Exercise instructions ::
Please report, as a single number, how many lines in the entries include the string "parts".

Records from a collection:
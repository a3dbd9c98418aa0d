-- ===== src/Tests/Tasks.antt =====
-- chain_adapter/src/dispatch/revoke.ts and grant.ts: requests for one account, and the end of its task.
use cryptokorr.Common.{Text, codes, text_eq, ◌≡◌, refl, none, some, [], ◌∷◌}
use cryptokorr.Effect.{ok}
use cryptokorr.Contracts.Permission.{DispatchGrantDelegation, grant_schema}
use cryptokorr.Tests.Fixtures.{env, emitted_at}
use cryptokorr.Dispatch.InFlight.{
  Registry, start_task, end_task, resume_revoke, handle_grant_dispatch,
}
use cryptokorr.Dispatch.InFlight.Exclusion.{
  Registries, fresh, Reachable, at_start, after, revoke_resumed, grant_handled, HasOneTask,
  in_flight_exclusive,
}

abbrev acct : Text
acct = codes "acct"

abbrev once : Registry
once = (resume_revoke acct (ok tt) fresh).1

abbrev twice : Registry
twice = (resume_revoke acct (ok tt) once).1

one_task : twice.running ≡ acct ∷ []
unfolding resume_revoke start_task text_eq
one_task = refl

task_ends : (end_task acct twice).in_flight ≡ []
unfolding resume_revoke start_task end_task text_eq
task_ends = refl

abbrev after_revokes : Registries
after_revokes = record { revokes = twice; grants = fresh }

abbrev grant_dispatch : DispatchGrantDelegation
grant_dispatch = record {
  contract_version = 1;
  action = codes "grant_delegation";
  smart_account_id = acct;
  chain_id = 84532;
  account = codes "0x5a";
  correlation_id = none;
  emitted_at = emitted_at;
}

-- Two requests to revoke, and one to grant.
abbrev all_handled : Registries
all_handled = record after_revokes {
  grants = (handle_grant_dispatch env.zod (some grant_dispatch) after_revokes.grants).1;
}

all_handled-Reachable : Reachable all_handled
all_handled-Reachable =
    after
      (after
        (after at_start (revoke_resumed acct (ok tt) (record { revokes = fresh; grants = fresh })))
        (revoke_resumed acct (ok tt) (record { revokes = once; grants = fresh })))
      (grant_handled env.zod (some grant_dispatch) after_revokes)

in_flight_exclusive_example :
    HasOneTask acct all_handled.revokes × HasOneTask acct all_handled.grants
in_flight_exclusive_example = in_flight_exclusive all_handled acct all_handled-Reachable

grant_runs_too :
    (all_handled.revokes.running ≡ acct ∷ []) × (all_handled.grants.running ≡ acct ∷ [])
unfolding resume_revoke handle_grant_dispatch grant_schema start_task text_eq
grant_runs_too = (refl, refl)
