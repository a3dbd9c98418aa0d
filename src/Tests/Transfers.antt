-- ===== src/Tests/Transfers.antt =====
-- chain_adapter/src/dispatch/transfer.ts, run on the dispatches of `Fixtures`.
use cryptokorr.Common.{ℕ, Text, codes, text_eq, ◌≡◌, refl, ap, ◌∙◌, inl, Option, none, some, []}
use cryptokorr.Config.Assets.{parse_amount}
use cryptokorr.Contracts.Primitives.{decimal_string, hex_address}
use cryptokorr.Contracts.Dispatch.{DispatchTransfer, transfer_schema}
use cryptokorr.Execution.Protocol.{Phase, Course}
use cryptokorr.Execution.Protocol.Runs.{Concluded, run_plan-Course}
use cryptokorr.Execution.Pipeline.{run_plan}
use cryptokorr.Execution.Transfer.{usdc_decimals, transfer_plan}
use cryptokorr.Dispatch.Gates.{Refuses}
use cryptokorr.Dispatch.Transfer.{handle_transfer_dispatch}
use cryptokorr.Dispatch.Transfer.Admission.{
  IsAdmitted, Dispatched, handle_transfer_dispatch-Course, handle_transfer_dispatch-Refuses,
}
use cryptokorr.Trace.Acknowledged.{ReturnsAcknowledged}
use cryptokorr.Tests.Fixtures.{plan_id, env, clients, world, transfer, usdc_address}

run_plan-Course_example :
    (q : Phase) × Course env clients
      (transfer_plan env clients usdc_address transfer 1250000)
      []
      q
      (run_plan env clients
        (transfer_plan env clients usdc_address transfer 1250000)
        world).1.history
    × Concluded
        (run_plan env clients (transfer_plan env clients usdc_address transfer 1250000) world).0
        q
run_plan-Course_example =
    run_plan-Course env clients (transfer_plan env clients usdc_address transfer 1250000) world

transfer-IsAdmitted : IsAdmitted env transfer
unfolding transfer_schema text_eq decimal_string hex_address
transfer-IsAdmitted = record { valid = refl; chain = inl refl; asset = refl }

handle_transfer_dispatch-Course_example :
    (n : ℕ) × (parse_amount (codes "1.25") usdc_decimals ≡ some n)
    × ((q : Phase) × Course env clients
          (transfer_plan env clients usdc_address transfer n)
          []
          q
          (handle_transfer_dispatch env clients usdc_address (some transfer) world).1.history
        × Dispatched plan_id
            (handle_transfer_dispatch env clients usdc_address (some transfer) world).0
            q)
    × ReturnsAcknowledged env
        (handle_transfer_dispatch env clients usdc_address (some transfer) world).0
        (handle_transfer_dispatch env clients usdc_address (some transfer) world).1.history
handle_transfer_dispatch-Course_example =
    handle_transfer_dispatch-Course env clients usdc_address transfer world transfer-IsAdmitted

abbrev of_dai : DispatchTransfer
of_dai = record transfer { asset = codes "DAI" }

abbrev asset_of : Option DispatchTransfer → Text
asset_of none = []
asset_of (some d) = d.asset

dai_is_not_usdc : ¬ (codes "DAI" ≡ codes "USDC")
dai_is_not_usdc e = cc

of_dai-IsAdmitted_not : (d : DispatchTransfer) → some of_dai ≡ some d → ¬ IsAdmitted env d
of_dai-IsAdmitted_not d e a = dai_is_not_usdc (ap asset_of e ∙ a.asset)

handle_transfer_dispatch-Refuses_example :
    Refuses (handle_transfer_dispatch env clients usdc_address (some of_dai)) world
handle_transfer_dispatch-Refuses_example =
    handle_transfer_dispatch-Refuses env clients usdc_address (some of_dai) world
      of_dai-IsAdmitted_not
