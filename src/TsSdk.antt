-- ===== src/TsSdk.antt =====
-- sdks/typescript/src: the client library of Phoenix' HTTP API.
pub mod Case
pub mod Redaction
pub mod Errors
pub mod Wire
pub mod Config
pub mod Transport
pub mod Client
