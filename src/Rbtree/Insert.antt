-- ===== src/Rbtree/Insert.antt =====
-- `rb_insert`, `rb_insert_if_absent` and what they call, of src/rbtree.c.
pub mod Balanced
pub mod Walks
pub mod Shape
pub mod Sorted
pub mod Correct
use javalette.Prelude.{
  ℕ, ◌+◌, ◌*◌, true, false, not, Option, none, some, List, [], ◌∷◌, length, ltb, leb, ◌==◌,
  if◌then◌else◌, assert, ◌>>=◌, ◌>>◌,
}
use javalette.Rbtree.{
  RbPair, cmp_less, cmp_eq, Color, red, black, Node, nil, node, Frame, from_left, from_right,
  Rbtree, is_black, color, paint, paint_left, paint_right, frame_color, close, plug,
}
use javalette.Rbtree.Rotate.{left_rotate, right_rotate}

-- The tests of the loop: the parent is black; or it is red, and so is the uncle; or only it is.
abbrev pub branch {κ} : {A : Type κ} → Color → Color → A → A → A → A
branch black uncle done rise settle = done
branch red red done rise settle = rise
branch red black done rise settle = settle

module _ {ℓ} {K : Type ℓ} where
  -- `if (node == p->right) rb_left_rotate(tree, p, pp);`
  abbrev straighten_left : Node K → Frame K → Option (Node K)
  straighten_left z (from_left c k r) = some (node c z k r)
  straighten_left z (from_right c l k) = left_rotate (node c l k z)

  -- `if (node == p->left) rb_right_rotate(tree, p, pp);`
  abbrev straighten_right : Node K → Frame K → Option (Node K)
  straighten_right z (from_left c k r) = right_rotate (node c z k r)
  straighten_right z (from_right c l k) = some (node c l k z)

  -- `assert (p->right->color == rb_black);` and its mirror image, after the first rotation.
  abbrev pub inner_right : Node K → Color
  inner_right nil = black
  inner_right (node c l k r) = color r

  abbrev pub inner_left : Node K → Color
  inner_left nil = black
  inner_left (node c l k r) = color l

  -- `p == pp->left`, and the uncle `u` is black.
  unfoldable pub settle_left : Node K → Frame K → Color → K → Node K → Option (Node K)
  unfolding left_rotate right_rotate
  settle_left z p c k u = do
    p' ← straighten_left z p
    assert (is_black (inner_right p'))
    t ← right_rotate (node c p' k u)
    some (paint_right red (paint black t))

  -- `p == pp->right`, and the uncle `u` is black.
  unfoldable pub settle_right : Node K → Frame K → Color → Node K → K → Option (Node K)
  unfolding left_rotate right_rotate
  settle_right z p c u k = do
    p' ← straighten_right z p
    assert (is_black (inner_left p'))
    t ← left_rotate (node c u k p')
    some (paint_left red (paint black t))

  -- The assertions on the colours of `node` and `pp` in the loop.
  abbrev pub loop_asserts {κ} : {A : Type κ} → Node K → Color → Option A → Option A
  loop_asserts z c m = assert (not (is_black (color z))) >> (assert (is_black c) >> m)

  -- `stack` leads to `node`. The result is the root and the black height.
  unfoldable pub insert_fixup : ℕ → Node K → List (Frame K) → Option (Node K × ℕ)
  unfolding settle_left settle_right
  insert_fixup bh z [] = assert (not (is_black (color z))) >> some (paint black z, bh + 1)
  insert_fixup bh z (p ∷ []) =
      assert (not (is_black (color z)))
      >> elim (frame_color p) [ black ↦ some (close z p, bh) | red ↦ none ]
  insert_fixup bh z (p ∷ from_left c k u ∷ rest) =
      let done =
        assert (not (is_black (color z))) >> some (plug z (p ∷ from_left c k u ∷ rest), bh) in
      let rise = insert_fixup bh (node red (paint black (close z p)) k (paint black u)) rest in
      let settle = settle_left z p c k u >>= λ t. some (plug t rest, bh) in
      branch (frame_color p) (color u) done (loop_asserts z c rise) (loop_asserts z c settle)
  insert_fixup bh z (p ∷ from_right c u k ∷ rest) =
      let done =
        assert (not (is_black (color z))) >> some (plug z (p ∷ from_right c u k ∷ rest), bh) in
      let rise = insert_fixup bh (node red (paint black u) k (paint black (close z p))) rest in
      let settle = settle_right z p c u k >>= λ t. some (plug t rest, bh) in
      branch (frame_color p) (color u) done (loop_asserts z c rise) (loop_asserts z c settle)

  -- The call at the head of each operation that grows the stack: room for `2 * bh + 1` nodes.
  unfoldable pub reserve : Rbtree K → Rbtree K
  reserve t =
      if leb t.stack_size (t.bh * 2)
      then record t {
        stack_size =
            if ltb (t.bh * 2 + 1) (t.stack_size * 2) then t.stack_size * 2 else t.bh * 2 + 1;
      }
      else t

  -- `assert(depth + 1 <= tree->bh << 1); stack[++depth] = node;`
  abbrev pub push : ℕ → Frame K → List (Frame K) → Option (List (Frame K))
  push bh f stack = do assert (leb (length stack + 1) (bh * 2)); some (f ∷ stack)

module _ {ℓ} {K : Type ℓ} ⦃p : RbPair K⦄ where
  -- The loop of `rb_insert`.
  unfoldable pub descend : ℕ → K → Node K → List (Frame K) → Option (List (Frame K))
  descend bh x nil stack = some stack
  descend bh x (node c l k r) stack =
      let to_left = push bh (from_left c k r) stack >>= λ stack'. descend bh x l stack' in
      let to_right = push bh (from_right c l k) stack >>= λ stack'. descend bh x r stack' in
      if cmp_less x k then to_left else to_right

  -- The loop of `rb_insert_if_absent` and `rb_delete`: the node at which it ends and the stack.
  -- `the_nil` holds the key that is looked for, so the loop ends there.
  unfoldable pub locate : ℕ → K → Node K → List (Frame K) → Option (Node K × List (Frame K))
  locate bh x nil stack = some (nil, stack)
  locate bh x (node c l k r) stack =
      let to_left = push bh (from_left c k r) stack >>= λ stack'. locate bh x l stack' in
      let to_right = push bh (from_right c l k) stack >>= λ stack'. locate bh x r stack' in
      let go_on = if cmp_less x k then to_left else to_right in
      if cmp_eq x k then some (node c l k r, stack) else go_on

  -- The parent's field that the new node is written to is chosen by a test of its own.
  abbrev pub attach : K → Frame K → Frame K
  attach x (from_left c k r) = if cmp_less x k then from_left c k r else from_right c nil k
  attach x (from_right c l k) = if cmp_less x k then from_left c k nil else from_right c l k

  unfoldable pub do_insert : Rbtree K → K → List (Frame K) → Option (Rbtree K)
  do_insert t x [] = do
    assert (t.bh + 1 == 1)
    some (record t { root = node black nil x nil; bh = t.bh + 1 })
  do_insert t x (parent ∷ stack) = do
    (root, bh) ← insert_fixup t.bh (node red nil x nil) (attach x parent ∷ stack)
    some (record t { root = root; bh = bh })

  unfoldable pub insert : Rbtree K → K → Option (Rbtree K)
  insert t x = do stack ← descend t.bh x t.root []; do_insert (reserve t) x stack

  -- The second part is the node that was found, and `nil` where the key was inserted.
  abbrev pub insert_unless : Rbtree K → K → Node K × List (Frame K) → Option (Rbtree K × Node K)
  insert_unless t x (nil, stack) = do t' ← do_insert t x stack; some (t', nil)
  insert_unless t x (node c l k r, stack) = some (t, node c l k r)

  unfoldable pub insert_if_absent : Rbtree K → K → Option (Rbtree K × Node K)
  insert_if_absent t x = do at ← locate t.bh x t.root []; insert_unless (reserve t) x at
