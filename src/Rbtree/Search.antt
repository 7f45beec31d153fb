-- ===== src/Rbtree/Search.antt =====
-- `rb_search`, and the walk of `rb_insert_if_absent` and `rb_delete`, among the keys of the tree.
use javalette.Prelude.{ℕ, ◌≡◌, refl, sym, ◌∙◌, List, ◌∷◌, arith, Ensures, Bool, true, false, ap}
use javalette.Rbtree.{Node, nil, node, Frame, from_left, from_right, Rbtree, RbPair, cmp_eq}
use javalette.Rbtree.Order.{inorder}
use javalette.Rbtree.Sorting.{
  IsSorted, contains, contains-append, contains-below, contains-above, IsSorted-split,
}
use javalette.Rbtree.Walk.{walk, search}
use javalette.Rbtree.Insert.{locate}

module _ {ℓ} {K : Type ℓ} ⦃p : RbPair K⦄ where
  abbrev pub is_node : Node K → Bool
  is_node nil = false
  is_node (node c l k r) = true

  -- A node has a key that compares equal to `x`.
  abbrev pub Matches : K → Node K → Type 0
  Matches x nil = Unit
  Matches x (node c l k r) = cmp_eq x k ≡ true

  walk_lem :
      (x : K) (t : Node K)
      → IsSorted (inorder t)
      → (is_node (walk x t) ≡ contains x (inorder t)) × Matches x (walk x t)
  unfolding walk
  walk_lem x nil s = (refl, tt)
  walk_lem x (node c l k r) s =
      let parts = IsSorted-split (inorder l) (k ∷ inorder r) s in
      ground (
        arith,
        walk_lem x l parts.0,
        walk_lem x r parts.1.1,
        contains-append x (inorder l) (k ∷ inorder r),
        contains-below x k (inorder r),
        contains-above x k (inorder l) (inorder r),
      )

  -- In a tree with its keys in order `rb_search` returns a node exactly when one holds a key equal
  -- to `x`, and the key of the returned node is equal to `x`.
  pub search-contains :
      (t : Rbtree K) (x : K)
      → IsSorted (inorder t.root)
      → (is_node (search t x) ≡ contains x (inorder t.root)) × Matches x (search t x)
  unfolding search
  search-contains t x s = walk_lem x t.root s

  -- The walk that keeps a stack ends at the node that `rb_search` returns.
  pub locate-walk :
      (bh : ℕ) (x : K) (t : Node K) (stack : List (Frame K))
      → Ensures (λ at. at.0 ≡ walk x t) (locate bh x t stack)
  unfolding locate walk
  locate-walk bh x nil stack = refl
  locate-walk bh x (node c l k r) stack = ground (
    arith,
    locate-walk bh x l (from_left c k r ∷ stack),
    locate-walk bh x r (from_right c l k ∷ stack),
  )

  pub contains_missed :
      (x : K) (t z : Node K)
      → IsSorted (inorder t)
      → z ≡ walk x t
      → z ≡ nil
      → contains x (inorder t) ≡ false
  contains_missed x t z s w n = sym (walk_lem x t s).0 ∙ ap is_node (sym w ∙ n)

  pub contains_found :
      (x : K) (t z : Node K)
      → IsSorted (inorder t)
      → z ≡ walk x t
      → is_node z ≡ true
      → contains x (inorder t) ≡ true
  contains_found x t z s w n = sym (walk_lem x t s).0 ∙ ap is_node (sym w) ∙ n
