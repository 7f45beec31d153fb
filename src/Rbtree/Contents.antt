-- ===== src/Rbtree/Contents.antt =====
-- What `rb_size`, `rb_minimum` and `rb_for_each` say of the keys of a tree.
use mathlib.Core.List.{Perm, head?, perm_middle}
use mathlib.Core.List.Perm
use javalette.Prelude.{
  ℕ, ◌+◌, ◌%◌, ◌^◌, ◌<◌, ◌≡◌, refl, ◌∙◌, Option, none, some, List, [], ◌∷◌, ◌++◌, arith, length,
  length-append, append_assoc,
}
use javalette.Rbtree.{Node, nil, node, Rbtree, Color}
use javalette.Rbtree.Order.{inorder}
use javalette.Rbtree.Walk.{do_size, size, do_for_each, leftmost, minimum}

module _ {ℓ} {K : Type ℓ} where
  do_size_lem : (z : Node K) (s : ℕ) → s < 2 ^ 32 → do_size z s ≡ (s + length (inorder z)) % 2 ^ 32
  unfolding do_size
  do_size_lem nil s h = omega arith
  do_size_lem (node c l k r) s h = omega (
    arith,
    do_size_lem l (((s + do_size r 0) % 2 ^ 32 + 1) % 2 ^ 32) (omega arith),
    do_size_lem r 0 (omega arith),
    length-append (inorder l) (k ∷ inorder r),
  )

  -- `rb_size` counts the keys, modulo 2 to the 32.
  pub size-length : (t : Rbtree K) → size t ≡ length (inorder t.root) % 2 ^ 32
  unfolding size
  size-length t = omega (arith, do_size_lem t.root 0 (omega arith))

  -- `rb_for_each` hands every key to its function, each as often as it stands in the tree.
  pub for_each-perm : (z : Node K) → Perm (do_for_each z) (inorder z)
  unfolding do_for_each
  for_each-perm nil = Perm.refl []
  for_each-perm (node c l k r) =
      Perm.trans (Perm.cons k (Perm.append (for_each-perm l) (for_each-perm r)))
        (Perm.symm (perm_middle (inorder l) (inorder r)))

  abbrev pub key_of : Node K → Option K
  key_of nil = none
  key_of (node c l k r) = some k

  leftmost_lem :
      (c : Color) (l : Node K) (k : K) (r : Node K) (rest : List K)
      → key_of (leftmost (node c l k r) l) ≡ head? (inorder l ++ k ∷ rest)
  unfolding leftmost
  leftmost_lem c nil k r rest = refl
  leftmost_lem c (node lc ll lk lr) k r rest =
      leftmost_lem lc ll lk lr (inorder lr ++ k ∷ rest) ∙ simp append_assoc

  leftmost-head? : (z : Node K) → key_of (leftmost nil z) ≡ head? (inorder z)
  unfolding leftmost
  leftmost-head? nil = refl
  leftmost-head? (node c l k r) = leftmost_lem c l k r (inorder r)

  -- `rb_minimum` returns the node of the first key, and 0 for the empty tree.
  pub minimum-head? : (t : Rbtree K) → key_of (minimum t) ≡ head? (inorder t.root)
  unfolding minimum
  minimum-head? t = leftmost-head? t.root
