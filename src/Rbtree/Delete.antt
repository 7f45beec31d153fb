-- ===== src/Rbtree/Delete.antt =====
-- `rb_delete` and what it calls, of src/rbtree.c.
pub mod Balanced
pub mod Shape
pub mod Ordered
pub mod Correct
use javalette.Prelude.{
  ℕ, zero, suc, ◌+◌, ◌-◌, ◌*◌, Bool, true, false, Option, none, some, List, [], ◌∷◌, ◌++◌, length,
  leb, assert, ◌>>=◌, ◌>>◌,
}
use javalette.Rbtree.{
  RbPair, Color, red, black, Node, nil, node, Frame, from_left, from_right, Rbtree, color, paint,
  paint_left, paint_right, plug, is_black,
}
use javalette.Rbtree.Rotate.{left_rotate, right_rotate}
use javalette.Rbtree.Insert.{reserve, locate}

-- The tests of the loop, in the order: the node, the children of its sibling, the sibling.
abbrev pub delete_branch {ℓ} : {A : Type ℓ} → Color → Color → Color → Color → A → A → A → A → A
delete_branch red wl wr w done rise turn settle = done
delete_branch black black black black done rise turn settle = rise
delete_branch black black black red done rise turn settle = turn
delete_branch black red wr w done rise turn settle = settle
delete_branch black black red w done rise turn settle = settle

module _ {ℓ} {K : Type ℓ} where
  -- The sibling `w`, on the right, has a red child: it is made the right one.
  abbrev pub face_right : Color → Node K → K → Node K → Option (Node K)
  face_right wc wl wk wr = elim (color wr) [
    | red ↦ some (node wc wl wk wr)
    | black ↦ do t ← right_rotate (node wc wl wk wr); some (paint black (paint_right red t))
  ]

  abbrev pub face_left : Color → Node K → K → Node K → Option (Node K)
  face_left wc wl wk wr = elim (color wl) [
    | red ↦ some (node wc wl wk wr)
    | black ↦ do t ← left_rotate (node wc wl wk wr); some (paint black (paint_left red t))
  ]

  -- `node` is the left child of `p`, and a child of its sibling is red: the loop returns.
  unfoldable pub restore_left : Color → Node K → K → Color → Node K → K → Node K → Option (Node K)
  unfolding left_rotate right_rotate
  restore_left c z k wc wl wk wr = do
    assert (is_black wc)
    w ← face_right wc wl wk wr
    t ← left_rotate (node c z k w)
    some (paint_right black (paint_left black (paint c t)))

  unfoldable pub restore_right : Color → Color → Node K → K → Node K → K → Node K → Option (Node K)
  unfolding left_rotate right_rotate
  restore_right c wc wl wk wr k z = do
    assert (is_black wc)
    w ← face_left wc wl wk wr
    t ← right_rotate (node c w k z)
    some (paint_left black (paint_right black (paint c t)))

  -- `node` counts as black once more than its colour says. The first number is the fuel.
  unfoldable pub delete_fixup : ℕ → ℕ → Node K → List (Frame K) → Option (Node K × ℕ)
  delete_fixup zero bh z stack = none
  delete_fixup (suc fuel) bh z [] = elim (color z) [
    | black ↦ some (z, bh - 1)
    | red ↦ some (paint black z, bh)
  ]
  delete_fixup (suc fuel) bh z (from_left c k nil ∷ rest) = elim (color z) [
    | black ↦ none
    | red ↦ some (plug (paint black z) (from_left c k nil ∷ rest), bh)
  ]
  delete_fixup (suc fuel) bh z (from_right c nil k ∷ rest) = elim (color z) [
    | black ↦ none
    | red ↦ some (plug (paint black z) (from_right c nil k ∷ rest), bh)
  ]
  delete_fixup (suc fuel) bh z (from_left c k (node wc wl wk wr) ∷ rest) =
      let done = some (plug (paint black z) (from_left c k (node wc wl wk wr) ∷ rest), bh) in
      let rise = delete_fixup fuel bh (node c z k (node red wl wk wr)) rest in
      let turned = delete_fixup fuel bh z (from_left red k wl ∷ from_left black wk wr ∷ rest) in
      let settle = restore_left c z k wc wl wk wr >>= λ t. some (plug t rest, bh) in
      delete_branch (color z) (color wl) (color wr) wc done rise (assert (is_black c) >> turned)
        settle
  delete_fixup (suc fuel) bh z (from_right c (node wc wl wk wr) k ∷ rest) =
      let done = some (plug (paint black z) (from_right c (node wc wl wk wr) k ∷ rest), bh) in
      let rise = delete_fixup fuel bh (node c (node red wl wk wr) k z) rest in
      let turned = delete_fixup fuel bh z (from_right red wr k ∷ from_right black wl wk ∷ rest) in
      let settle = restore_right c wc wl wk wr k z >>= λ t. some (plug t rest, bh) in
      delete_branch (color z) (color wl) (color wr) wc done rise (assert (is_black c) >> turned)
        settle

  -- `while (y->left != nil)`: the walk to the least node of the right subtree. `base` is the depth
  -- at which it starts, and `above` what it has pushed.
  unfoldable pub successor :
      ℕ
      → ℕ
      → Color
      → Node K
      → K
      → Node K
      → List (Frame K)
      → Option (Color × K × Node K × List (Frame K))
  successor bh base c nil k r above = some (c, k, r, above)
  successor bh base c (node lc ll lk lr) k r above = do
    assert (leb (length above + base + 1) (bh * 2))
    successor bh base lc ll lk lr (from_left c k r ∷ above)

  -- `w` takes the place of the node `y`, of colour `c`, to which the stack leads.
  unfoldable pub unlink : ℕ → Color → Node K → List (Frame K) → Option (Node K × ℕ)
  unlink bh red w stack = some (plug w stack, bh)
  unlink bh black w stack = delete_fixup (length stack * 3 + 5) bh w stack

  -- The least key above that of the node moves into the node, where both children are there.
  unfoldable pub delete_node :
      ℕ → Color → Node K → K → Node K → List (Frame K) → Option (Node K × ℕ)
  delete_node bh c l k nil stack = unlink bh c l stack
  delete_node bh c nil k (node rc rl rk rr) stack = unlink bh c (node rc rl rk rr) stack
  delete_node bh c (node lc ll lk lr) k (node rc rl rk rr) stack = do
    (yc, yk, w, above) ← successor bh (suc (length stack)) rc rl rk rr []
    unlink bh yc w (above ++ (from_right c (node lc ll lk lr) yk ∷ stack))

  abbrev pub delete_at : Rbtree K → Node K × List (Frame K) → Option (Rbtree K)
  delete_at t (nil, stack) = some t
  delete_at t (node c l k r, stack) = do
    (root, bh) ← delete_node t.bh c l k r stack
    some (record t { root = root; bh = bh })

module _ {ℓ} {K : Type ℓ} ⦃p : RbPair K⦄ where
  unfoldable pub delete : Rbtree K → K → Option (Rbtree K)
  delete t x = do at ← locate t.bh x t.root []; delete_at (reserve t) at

Written solution ::
3